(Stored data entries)
::::::

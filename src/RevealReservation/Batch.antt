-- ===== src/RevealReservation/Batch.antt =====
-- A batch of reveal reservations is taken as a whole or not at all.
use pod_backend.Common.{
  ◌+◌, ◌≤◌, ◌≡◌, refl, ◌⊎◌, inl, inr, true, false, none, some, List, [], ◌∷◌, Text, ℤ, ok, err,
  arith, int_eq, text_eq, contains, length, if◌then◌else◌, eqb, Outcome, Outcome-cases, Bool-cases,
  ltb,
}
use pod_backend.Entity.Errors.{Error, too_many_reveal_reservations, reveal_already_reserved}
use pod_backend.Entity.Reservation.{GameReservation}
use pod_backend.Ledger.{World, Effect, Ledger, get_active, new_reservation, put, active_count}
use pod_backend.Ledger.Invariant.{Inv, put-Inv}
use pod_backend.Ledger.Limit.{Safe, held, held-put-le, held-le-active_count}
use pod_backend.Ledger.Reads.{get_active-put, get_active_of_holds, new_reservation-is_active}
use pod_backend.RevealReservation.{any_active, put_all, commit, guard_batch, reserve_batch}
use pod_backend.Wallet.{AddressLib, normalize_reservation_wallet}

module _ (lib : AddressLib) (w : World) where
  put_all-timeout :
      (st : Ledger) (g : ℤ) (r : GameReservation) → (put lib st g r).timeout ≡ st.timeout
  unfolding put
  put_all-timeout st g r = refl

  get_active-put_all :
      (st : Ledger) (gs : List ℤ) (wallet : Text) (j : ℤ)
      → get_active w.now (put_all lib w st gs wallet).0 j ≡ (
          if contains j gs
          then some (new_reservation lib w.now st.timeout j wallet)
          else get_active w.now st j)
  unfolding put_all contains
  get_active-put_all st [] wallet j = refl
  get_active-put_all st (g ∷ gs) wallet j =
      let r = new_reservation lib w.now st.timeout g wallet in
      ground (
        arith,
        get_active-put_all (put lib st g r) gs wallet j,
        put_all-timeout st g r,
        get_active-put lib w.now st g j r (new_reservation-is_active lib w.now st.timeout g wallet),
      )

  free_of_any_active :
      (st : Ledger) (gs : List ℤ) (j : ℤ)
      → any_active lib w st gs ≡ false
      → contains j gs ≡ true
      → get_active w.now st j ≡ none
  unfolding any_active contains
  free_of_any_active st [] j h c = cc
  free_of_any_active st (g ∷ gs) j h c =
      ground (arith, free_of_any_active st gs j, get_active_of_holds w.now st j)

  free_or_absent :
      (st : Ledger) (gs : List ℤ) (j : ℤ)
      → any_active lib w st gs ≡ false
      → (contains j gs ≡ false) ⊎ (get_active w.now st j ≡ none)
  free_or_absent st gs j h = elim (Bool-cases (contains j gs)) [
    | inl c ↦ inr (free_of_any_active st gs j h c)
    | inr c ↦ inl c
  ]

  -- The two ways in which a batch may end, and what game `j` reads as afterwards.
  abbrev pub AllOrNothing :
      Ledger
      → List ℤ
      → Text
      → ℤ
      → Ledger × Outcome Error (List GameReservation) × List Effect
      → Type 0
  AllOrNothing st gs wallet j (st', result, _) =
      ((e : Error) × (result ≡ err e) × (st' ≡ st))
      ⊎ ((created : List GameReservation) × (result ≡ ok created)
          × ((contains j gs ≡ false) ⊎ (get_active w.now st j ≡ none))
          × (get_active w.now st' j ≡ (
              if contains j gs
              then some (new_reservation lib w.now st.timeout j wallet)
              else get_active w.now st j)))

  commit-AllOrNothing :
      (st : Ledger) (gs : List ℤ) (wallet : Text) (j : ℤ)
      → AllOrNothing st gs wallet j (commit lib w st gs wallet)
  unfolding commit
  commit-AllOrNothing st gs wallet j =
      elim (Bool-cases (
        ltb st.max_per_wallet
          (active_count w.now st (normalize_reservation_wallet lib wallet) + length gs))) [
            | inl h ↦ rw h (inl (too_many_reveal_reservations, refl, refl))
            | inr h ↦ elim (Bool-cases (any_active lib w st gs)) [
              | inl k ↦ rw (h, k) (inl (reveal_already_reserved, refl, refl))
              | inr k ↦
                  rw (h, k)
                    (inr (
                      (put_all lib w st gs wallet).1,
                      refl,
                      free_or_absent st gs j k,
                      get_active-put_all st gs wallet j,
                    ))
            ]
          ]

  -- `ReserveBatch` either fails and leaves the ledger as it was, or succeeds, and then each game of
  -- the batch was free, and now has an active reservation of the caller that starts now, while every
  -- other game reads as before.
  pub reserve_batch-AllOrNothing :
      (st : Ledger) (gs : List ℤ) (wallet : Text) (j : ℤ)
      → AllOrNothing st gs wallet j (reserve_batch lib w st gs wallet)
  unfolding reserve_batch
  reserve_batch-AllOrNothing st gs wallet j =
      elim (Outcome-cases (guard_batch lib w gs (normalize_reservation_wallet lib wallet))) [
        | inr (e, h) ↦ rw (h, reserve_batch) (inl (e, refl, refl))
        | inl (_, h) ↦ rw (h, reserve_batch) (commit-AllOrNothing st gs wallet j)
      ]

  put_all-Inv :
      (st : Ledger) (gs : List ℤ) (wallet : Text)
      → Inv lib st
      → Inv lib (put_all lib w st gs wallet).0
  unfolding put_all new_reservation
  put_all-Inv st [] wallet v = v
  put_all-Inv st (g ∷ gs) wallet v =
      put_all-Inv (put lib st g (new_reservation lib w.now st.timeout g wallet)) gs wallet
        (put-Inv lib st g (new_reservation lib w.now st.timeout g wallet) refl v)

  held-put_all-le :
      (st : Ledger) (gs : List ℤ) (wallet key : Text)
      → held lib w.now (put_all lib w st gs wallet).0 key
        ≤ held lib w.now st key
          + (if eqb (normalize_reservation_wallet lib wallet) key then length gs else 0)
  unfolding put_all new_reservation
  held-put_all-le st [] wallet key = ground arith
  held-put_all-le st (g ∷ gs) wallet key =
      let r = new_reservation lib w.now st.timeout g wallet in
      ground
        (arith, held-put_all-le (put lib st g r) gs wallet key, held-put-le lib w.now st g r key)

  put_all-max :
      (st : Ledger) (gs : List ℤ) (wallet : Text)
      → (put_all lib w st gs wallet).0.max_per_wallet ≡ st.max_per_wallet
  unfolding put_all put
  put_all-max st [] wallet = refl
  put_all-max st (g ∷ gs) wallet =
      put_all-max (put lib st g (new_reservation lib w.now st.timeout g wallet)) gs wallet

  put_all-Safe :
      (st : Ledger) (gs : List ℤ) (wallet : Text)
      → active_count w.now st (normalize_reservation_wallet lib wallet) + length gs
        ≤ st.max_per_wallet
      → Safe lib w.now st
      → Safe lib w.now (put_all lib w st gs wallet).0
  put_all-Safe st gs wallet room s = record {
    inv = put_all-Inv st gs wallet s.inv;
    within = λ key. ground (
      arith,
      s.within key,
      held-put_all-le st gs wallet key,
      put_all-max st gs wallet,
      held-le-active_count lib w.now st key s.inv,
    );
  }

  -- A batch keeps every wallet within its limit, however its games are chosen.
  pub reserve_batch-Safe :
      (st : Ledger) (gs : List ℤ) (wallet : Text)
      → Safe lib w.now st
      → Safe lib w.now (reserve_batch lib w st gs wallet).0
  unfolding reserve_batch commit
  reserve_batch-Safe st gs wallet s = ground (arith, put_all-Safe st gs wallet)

::::::

◆ **PROBLEM DETAILS**
The task calls for all lines in the entries that hold "true".

◆ **RESPONSE TO THIS TASK**
  ◌+◌, ◌≤◌, ◌≡◌, refl, ◌⊎◌, inl, inr, true, false, none, some, List, [], ◌∷◌, Text, ℤ, ok, err,
      → contains j gs ≡ true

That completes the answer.